Recorded data START

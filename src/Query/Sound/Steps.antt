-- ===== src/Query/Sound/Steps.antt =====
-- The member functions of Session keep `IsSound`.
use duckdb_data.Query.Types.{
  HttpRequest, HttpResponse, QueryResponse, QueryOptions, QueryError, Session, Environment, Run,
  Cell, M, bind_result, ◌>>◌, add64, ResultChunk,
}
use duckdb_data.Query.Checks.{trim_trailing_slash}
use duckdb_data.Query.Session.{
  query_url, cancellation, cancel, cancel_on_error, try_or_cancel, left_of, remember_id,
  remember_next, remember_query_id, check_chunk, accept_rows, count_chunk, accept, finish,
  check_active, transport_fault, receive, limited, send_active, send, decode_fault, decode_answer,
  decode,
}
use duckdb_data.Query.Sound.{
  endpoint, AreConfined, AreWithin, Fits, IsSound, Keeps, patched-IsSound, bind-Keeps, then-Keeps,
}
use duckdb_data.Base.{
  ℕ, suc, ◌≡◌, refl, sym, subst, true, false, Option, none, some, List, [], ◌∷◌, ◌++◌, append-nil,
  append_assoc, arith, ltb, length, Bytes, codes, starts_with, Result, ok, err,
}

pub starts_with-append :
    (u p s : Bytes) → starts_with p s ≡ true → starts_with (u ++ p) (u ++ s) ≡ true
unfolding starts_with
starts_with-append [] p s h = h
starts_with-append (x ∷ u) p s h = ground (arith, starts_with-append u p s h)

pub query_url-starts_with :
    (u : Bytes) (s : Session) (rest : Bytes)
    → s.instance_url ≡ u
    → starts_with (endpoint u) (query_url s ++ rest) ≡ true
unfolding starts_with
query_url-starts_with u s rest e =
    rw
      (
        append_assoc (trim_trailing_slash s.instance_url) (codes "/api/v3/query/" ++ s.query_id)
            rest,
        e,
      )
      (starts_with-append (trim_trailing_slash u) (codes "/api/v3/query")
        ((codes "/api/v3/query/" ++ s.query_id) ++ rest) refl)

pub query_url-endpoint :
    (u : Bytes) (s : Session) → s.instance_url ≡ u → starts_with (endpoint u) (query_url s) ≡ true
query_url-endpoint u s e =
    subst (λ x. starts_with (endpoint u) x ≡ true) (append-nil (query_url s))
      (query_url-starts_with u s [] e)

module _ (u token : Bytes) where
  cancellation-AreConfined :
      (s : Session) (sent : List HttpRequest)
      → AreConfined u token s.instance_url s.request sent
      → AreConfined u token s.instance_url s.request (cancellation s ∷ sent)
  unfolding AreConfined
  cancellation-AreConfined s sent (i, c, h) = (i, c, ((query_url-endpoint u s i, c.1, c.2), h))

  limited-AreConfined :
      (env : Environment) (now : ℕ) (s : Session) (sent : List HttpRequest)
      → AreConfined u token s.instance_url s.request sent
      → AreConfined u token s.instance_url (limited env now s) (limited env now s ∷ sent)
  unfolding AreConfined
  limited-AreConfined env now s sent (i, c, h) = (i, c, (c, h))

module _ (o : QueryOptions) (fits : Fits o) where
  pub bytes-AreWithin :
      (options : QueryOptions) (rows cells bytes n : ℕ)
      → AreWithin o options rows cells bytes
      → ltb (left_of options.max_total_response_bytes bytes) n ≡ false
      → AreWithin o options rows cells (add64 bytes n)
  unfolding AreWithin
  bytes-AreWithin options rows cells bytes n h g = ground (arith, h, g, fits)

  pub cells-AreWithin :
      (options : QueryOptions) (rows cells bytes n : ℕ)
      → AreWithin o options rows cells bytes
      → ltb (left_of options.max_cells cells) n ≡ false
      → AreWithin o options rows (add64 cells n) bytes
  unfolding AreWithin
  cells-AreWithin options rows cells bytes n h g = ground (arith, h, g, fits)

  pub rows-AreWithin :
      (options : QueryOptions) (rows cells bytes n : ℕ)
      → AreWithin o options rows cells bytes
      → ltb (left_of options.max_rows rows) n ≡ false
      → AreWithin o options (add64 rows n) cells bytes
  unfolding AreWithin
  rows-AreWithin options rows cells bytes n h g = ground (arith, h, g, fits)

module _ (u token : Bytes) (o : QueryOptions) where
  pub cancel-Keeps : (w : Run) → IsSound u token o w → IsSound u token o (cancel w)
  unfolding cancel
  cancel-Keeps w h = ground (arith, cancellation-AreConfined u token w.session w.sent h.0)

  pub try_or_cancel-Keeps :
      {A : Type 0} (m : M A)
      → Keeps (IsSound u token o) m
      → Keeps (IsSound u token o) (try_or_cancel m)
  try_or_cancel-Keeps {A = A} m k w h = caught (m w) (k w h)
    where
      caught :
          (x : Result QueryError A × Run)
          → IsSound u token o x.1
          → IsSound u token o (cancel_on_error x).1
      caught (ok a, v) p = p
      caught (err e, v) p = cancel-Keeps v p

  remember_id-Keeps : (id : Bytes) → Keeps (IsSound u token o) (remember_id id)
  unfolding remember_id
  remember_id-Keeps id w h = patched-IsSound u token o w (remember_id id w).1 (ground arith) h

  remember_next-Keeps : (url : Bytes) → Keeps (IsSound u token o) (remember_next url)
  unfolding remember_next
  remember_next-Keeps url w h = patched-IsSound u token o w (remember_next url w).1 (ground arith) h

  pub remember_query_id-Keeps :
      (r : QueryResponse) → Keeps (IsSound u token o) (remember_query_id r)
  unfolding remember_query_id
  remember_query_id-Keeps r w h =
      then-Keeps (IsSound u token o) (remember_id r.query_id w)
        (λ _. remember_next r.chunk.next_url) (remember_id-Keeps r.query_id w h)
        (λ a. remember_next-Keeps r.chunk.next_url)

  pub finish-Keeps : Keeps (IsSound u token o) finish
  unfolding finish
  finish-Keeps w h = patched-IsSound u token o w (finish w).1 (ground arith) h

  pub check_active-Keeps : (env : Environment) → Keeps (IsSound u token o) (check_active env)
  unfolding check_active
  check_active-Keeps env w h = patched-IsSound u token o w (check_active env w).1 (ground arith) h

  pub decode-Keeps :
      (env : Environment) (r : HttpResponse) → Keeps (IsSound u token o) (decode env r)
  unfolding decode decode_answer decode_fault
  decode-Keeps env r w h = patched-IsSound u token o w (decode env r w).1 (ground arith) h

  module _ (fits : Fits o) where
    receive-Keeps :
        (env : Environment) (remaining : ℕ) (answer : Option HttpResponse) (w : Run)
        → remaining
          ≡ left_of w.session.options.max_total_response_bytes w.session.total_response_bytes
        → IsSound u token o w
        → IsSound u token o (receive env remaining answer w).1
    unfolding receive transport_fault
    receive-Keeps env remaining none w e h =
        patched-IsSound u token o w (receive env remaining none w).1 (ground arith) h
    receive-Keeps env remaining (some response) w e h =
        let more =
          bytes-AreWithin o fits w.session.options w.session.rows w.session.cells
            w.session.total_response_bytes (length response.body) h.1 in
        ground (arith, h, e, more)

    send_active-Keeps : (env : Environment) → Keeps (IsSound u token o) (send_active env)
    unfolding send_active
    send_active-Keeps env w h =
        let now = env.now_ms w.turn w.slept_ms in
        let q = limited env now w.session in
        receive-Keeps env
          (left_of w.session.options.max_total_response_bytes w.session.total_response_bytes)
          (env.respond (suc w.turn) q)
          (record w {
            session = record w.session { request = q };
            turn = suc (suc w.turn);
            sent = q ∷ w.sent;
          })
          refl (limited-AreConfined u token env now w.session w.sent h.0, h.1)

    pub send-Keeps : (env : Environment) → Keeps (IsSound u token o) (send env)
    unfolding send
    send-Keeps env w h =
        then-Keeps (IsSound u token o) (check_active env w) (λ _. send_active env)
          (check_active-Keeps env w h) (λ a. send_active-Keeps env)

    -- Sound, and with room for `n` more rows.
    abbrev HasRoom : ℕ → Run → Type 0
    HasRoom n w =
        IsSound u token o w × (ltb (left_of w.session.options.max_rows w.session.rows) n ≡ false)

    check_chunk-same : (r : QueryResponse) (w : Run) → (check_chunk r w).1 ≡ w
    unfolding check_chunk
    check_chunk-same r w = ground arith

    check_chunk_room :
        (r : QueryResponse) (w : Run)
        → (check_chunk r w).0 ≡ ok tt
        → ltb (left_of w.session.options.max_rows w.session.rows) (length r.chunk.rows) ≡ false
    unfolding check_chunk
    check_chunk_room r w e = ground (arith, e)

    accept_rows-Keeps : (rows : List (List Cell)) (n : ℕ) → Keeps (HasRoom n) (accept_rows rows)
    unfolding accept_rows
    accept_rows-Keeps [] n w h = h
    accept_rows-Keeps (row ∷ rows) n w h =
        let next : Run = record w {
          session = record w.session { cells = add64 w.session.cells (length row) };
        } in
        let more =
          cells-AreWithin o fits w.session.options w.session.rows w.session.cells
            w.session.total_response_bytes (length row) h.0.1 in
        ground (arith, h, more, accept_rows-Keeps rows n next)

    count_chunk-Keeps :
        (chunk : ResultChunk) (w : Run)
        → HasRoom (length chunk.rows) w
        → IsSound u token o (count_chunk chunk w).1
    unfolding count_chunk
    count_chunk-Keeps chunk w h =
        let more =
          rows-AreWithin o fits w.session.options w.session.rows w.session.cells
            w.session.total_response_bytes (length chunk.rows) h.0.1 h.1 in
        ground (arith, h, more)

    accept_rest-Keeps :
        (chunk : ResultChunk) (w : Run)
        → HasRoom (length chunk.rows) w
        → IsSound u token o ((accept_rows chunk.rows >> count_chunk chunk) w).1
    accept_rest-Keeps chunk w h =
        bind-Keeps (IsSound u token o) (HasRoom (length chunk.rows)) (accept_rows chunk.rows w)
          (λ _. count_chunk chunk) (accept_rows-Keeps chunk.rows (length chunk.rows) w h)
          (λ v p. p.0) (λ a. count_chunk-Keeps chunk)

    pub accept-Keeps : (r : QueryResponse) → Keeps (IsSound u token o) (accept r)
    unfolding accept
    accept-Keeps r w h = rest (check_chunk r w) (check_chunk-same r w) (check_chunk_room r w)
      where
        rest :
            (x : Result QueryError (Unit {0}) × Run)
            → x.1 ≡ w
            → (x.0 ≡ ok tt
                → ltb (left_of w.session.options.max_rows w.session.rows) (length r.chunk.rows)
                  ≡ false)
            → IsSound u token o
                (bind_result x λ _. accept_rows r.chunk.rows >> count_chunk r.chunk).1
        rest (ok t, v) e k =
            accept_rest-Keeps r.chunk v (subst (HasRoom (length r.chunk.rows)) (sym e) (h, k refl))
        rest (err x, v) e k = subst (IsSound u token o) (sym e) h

Recorded data END

What you will do: Each line from the one containing "accept_rest-Keeps r.chunk v" through the final line of the records must be repeated exactly, with no line added or dropped.

Result of this task:
            accept_rest-Keeps r.chunk v (subst (HasRoom (length r.chunk.rows)) (sym e) (h, k refl))
        rest (err x, v) e k = subst (IsSound u token o) (sym e) h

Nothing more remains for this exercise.